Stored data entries

=== Section Start ===

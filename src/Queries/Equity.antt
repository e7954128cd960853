-- ===== src/Queries/Equity.antt =====
-- The queries of frontend/src/domains/equity/hooks/useEquityData.ts. `encode` is the client's
-- `encodeURIComponent`.
pub mod Placeholder
use finance_buddy.Api.Equity
use finance_buddy.Api.Equity.{
  get_equity_summary, get_equity_allocation, get_equity_holdings, get_equity_pnl, analyze_stock,
  get_equity_performance, Call, request, search_stocks, get_equity_insights,
}
use finance_buddy.Api.Request.{text, flag}
use finance_buddy.Prelude.{
  Bool, List, Option, String, Text, [], codes, false, if◌then◌else◌, is_number, leb, length, none,
  some, text_eq, trim, true, truthy, ℕ, ◌∷◌,
}
use finance_buddy.Queries.Key.{Part, Key, Query, str, name, nothing, id_part, forced, boolean}
use finance_buddy.Store.{AppState, clear_session, given}

pub data Hook : Type 0 where
  use_equity_summary use_equity_allocation use_equity_pnl use_equity_insights : Hook
  use_equity_holdings : (sort_by : Option Text) (ascending : Option Bool) → Hook
  use_equity_performance : (period benchmark : Text) → Hook
  use_stock_search : (query : Text) → Hook
  use_stock_analysis : (symbol : Option Text) → Hook

abbrev query_of : (Text → Text) → Option Text → String → List Part → Equity.Call → Query
query_of encode sid root rest call = record {
  key = name "equity" ∷ name root ∷ id_part sid ∷ rest;
  request = Equity.request encode call;
  enabled = truthy sid;
}

unfoldable pub query : (Text → Text) → AppState → Hook → Query
unfolding trim Equity.request
query encode s use_equity_summary =
    let sid = s.equity_session_id in
    query_of encode sid "summary" [] (get_equity_summary (forced sid))
query encode s use_equity_allocation =
    let sid = s.equity_session_id in
    query_of encode sid "allocation" [] (get_equity_allocation (forced sid))
query encode s (use_equity_holdings sort_by ascending) =
    let sid = s.equity_session_id in
    let by = given sort_by (codes "current_value") in
    let up = given ascending false in
    query_of encode sid "holdings" (str by ∷ boolean up ∷ [])
      (get_equity_holdings (forced sid) (("sort_by", text by) ∷ ("ascending", flag up) ∷ []))
query encode s use_equity_pnl =
    let sid = s.equity_session_id in query_of encode sid "pnl" [] (get_equity_pnl (forced sid))
query encode s (use_equity_performance period benchmark) =
    let sid = s.equity_session_id in
    query_of encode sid "performance" (str period ∷ str benchmark ∷ []) (
      get_equity_performance (forced sid)
        (("period", text period) ∷ ("benchmark", text benchmark) ∷ []))
query encode s use_equity_insights =
    let sid = s.equity_session_id in
    query_of encode sid "insights" [] (get_equity_insights (forced sid))
query encode s (use_stock_search typed) =
    let trimmed = trim typed in
    record (query_of encode (some trimmed) "stock-search" [] (search_stocks trimmed)) {
      enabled = leb 2 (length trimmed);
    }
query encode s (use_stock_analysis symbol) =
    query_of encode symbol "stock-analysis" [] (analyze_stock (forced symbol))

-- `prevQuery?.queryKey?.[2] === sid ? prev : undefined`: which rows stay on screen while the next
-- answer of `useEquityHoldings` and `useEquityPerformance` is on its way.
abbrev pub is_same_id : List Part → Option Text → Bool
is_same_id (_ ∷ (_ ∷ (str t ∷ _))) (some sid) = text_eq t sid
is_same_id (_ ∷ (_ ∷ (nothing ∷ _))) none = true
is_same_id _ _ = false

unfoldable pub placeholder_data : {A : Type 0} → Option Text → Key → Option A → Option A
placeholder_data sid previous_key previous = if is_same_id previous_key sid then previous else none

-- `useClearSessionOnMissing`: its effect on the store, `now` being the time.
unfoldable pub clear_session_on_missing : ℕ → Option ℕ → AppState → AppState
unfolding clear_session
clear_session_on_missing now status s =
    if is_number status 404 then clear_session now (some "equity") s else s
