-- ===== src/Queries/Equity/Placeholder.antt =====
-- Which rows stay on screen while the next ones are fetched.
use finance_buddy.Prelude.{
  Bool, Option, Text, false, if◌then◌else◌, none, refl, some, text_eq, true, ◌∷◌, ◌≡◌,
}
use finance_buddy.Queries.Equity.{
  query, use_equity_performance, use_equity_holdings, placeholder_data, is_same_id,
}
use finance_buddy.Queries.Key.{Part, Key, name, id_part}
use finance_buddy.Store.{AppState}

abbrev pub is_same : Option Text → Option Text → Bool
is_same none none = true
is_same (some a) (some b) = text_eq a b
is_same _ _ = false

is_same_id-key :
    (previous sid : Option Text) (root second : Part) (rest : Key)
    → is_same_id (root ∷ second ∷ id_part previous ∷ rest) sid ≡ is_same previous sid
is_same_id-key none none root second rest = refl
is_same_id-key none (some b) root second rest = refl
is_same_id-key (some a) none root second rest = refl
is_same_id-key (some a) (some b) root second rest = refl

-- Rows of the holdings or the performance of one state stay on screen in another exactly if both
-- states have the same equity session.
placeholder_is_of_session :
    {A : Type 0} (encode : Text → Text) (s s' : AppState) (sort_by : Option Text)
    (ascending : Option Bool) (period benchmark : Text) (rows : Option A)
    → (placeholder_data s'.equity_session_id
          (query encode s (use_equity_holdings sort_by ascending)).key
          rows
        ≡ (if is_same s.equity_session_id s'.equity_session_id then rows else none))
      × (placeholder_data s'.equity_session_id
            (query encode s (use_equity_performance period benchmark)).key
            rows
          ≡ (if is_same s.equity_session_id s'.equity_session_id then rows else none))
unfolding placeholder_data query
placeholder_is_of_session encode s s' sort_by ascending period benchmark rows = (
  rw (is_same_id-key s.equity_session_id s'.equity_session_id (name "equity") (name "holdings") _)
      refl,
  rw
      (is_same_id-key s.equity_session_id s'.equity_session_id (name "equity") (name "performance")
        _)
      refl,
)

=== Section End ===

** WHAT THE EXERCISE ASKS **
Copy the stretch of the records above that runs from the line with "benchmark) ∷ []))" through the line with "is_same previous sid". Both end lines belong in the copy, and nothing else does.

** SOLUTION TO THE PROBLEM **
        (("period", text period) ∷ ("benchmark", text benchmark) ∷ []))
query encode s use_equity_insights =
    let sid = s.equity_session_id in
    query_of encode sid "insights" [] (get_equity_insights (forced sid))
query encode s (use_stock_search typed) =
    let trimmed = trim typed in
    record (query_of encode (some trimmed) "stock-search" [] (search_stocks trimmed)) {
      enabled = leb 2 (length trimmed);
    }
query encode s (use_stock_analysis symbol) =
    query_of encode symbol "stock-analysis" [] (analyze_stock (forced symbol))

-- `prevQuery?.queryKey?.[2] === sid ? prev : undefined`: which rows stay on screen while the next
-- answer of `useEquityHoldings` and `useEquityPerformance` is on its way.
abbrev pub is_same_id : List Part → Option Text → Bool
is_same_id (_ ∷ (_ ∷ (str t ∷ _))) (some sid) = text_eq t sid
is_same_id (_ ∷ (_ ∷ (nothing ∷ _))) none = true
is_same_id _ _ = false

unfoldable pub placeholder_data : {A : Type 0} → Option Text → Key → Option A → Option A
placeholder_data sid previous_key previous = if is_same_id previous_key sid then previous else none

-- `useClearSessionOnMissing`: its effect on the store, `now` being the time.
unfoldable pub clear_session_on_missing : ℕ → Option ℕ → AppState → AppState
unfolding clear_session
clear_session_on_missing now status s =
    if is_number status 404 then clear_session now (some "equity") s else s
-- ===== src/Queries/Equity/Placeholder.antt =====
-- Which rows stay on screen while the next ones are fetched.
use finance_buddy.Prelude.{
  Bool, Option, Text, false, if◌then◌else◌, none, refl, some, text_eq, true, ◌∷◌, ◌≡◌,
}
use finance_buddy.Queries.Equity.{
  query, use_equity_performance, use_equity_holdings, placeholder_data, is_same_id,
}
use finance_buddy.Queries.Key.{Part, Key, name, id_part}
use finance_buddy.Store.{AppState}

abbrev pub is_same : Option Text → Option Text → Bool
is_same none none = true
is_same (some a) (some b) = text_eq a b
is_same _ _ = false

is_same_id-key :
    (previous sid : Option Text) (root second : Part) (rest : Key)
    → is_same_id (root ∷ second ∷ id_part previous ∷ rest) sid ≡ is_same previous sid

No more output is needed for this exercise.